- Task to carry out -
For the word "whites", count the lines below that contain it. Give the number alone.

- Data to process -
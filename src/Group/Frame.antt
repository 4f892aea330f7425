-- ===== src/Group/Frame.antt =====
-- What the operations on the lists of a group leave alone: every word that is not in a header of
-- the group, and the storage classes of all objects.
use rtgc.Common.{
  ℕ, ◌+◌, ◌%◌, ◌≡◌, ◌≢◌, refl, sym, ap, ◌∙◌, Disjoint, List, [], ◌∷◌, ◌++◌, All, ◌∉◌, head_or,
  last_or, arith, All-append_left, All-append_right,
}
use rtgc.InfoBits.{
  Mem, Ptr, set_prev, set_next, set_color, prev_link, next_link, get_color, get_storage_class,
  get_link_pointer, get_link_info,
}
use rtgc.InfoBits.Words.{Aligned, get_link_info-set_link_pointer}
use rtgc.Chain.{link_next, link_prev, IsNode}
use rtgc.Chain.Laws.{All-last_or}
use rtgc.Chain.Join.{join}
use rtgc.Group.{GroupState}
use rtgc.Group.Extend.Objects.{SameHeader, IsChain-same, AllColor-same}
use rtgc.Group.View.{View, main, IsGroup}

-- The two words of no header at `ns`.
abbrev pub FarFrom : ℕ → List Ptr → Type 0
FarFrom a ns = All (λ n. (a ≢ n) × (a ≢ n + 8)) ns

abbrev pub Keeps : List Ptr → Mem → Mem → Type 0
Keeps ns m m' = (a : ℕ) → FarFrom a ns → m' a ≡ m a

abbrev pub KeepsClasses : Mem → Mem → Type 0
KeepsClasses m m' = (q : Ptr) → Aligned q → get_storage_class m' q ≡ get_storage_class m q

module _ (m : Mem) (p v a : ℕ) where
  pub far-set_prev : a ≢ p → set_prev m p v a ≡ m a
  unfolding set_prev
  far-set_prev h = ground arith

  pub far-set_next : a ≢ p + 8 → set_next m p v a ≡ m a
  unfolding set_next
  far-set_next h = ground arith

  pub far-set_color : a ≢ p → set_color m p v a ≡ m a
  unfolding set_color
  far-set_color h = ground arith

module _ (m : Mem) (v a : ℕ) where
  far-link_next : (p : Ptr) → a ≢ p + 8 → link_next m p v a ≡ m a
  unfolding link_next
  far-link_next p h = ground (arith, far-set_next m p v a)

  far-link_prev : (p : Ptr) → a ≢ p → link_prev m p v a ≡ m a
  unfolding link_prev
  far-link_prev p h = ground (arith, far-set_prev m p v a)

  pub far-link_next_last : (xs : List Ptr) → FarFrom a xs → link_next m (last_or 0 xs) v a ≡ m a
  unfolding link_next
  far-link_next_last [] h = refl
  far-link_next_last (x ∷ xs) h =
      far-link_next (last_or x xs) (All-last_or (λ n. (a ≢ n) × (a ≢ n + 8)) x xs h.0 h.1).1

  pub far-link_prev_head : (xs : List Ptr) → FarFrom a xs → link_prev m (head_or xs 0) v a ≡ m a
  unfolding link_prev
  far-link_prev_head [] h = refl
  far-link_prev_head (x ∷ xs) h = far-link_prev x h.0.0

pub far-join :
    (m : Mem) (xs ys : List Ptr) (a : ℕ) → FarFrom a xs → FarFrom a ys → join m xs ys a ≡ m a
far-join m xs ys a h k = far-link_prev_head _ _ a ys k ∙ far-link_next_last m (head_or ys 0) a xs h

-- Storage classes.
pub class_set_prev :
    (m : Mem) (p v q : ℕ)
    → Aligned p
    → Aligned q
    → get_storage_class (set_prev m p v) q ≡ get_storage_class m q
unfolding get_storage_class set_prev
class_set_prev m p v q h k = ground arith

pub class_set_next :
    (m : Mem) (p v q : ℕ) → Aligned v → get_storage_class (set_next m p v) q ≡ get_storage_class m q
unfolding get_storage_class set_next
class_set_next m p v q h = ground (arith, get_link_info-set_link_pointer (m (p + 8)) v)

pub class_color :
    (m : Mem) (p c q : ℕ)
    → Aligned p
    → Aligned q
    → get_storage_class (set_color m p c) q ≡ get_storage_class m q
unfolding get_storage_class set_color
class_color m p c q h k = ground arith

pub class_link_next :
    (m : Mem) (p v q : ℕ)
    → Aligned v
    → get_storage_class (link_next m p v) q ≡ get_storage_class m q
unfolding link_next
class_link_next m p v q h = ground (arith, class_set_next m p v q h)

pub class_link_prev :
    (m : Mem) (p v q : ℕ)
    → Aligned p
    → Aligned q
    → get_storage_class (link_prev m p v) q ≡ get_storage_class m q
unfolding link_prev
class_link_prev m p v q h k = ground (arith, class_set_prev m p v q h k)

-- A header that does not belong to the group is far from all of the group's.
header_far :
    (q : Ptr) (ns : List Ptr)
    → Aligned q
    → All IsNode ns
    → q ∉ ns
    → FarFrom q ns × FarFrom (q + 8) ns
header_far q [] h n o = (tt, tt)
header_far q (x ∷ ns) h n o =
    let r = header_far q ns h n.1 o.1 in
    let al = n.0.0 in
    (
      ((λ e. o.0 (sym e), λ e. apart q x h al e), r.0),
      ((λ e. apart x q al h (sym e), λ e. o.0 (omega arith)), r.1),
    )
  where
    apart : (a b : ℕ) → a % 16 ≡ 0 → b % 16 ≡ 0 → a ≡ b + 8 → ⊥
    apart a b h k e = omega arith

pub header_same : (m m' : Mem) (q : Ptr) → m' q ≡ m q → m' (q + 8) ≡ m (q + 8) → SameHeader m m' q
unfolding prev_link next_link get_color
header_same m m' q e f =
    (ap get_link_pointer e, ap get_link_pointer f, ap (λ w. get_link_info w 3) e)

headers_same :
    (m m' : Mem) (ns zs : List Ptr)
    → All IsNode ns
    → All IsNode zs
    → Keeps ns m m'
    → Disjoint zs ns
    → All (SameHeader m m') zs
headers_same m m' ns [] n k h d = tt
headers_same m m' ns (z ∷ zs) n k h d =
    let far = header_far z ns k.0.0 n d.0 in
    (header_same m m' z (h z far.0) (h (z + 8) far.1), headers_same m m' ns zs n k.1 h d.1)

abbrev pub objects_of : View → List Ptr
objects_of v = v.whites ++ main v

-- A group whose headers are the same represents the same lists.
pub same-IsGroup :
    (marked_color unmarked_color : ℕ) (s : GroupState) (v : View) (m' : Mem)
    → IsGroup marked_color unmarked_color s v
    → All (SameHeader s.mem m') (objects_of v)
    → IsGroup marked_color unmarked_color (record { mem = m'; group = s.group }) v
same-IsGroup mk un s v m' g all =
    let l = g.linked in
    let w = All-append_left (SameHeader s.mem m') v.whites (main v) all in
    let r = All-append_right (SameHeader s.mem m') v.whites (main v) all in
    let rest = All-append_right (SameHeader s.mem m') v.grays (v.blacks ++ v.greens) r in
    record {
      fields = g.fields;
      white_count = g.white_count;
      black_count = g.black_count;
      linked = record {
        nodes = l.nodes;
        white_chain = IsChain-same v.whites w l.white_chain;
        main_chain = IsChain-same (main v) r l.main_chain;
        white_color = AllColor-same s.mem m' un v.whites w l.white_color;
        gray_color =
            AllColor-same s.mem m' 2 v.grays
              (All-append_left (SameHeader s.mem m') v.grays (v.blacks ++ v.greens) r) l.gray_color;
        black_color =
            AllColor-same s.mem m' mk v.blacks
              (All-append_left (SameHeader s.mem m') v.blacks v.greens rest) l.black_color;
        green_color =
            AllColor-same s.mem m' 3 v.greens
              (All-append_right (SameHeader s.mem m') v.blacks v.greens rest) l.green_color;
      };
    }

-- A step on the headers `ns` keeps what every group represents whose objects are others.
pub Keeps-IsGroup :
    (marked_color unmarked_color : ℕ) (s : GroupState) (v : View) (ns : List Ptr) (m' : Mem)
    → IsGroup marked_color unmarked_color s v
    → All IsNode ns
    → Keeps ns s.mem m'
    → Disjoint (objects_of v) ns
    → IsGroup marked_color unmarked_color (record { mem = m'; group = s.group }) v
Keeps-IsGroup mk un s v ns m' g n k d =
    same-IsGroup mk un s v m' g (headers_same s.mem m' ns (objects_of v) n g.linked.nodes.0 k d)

...

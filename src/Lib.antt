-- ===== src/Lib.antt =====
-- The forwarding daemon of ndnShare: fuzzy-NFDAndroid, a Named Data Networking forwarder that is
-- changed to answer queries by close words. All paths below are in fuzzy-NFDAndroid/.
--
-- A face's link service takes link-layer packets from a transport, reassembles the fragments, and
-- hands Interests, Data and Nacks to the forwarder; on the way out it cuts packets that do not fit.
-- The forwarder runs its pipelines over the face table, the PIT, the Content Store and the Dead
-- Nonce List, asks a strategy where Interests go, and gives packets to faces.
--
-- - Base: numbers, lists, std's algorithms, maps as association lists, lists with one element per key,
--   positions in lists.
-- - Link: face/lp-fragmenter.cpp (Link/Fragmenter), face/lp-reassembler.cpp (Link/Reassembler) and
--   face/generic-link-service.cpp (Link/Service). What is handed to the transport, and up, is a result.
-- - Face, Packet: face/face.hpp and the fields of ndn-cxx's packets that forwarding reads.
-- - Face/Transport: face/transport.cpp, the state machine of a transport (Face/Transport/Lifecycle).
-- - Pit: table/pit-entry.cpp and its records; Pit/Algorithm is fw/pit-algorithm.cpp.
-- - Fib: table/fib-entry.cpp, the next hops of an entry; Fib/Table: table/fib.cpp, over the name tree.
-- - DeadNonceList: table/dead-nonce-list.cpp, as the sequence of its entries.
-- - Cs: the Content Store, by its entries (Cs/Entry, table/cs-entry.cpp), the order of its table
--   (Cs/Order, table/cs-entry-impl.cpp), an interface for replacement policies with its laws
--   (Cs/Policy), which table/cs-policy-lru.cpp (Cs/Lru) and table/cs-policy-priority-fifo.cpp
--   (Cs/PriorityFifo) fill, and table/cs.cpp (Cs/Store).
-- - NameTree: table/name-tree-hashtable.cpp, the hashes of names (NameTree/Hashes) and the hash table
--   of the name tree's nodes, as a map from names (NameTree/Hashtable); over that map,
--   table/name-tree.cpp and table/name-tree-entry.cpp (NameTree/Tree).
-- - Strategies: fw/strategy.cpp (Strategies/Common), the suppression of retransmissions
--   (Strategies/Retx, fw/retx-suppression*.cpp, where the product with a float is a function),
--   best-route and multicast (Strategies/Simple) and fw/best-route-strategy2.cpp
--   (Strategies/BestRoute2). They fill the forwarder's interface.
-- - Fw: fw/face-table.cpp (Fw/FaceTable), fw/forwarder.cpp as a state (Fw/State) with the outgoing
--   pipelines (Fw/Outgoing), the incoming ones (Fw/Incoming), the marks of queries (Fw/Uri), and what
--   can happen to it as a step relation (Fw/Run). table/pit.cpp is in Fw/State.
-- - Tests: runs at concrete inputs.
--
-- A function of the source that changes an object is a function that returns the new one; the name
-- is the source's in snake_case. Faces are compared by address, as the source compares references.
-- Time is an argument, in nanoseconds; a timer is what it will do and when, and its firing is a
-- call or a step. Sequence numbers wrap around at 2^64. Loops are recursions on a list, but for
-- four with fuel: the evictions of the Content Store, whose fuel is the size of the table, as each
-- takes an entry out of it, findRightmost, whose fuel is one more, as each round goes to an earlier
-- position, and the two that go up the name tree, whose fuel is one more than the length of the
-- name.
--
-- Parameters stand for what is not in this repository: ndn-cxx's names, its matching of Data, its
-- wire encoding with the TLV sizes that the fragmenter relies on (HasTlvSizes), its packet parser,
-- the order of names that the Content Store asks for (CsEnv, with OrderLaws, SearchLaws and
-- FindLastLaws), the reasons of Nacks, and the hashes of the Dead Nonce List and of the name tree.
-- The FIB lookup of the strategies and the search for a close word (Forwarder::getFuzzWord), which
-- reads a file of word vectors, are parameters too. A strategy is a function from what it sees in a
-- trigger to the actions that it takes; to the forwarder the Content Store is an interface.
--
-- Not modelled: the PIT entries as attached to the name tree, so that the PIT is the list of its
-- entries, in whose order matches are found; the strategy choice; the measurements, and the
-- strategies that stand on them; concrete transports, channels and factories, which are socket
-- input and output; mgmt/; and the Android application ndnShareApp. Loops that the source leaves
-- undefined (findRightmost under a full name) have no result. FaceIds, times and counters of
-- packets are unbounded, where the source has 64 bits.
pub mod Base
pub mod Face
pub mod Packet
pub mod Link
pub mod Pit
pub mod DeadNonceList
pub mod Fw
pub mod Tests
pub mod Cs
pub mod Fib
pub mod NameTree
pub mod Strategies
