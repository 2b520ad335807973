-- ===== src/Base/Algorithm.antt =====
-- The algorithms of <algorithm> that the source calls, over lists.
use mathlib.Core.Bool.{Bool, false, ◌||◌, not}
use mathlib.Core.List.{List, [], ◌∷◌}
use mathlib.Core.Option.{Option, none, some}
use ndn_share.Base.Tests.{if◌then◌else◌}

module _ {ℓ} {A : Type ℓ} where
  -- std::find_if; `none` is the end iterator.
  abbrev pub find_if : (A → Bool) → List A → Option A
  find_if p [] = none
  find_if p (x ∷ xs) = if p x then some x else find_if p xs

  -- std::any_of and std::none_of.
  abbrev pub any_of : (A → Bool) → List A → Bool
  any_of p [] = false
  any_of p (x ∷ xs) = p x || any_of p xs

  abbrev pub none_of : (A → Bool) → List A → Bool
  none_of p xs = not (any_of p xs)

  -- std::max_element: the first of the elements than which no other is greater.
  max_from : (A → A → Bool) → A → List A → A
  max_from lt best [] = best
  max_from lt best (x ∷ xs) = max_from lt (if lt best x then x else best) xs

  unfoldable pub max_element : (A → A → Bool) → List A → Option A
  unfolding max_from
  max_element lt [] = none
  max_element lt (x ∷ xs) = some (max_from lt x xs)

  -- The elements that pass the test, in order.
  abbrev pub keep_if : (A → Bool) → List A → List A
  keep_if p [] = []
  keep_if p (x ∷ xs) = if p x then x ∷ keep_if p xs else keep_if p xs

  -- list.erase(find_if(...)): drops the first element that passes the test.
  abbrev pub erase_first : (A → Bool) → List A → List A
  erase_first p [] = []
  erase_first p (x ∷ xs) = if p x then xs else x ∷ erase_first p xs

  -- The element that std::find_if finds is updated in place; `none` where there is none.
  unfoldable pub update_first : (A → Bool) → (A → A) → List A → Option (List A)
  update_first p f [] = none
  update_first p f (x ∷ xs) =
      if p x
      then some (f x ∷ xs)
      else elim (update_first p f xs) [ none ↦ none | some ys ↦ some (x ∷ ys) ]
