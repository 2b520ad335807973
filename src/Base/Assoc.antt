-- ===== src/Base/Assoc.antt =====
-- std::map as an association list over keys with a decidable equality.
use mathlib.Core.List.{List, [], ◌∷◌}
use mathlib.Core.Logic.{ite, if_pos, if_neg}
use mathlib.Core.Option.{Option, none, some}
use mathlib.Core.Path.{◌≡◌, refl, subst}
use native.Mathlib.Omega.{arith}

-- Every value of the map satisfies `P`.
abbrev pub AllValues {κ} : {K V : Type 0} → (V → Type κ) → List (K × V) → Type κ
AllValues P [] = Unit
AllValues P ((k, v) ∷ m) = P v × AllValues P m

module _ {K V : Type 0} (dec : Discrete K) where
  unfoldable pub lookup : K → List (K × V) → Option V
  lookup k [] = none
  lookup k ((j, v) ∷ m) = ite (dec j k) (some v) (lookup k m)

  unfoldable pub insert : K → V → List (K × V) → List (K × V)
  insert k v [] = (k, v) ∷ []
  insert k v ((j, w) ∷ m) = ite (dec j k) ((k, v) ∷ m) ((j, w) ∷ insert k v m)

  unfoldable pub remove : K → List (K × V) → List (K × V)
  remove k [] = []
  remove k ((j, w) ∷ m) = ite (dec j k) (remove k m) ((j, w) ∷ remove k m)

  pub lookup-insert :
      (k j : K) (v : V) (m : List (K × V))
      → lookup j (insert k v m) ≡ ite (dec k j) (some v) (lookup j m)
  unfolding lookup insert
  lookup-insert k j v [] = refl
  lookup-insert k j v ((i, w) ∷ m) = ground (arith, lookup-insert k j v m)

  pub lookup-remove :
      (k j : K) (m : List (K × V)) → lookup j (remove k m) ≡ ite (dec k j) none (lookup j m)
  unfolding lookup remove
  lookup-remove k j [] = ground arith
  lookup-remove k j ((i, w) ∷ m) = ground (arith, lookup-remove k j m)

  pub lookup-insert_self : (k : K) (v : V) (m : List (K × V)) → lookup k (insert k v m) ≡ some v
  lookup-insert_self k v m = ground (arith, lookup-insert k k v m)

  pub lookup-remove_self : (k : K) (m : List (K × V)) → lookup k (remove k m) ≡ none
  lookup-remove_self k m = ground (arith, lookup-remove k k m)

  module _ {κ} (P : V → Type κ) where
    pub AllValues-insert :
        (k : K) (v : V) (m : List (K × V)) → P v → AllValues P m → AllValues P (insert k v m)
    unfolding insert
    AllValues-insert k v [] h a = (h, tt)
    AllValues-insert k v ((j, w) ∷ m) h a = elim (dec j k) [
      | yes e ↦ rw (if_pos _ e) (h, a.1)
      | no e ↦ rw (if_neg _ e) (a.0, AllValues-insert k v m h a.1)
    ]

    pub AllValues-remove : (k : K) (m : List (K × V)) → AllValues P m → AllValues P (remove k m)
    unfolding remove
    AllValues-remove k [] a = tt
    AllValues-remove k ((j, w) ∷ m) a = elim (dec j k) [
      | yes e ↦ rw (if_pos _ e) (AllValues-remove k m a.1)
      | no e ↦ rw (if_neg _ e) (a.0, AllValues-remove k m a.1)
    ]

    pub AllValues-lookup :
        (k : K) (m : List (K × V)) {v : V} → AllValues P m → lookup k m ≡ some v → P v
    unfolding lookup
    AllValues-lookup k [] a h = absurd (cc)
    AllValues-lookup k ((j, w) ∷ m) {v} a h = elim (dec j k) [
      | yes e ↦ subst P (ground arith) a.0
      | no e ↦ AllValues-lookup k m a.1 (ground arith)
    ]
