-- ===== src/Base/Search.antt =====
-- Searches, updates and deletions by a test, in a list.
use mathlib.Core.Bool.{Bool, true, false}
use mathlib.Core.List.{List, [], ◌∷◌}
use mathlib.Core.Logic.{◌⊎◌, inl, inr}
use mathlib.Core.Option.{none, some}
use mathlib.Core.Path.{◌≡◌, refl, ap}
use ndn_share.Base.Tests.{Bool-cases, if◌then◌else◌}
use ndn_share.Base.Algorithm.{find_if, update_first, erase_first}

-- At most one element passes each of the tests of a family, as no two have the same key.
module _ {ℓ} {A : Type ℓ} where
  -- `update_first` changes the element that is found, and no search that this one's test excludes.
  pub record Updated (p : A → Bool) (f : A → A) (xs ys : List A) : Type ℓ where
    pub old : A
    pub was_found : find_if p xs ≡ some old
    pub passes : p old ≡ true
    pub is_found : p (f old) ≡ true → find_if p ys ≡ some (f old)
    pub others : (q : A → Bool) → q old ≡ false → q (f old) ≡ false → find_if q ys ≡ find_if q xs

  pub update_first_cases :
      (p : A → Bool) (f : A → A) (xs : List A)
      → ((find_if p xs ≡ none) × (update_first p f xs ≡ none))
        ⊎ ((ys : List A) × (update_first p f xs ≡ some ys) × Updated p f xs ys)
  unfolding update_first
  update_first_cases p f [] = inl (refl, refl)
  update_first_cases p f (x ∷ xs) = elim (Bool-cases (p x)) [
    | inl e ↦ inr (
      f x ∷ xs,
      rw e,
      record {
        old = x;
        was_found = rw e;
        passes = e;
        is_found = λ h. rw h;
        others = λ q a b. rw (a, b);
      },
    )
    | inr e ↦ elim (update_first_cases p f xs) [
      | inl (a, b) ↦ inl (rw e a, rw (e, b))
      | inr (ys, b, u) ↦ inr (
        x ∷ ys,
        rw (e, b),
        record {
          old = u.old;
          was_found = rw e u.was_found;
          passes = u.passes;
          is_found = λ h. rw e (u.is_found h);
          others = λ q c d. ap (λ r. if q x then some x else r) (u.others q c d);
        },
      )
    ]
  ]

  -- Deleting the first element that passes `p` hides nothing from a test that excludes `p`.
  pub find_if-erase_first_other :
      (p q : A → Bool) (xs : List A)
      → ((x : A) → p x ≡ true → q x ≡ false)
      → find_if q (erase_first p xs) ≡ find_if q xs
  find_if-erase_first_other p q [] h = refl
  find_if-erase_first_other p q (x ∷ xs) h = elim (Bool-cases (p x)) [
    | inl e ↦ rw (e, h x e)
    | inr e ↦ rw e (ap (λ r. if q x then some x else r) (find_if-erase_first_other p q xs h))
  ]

- Result of the task -
5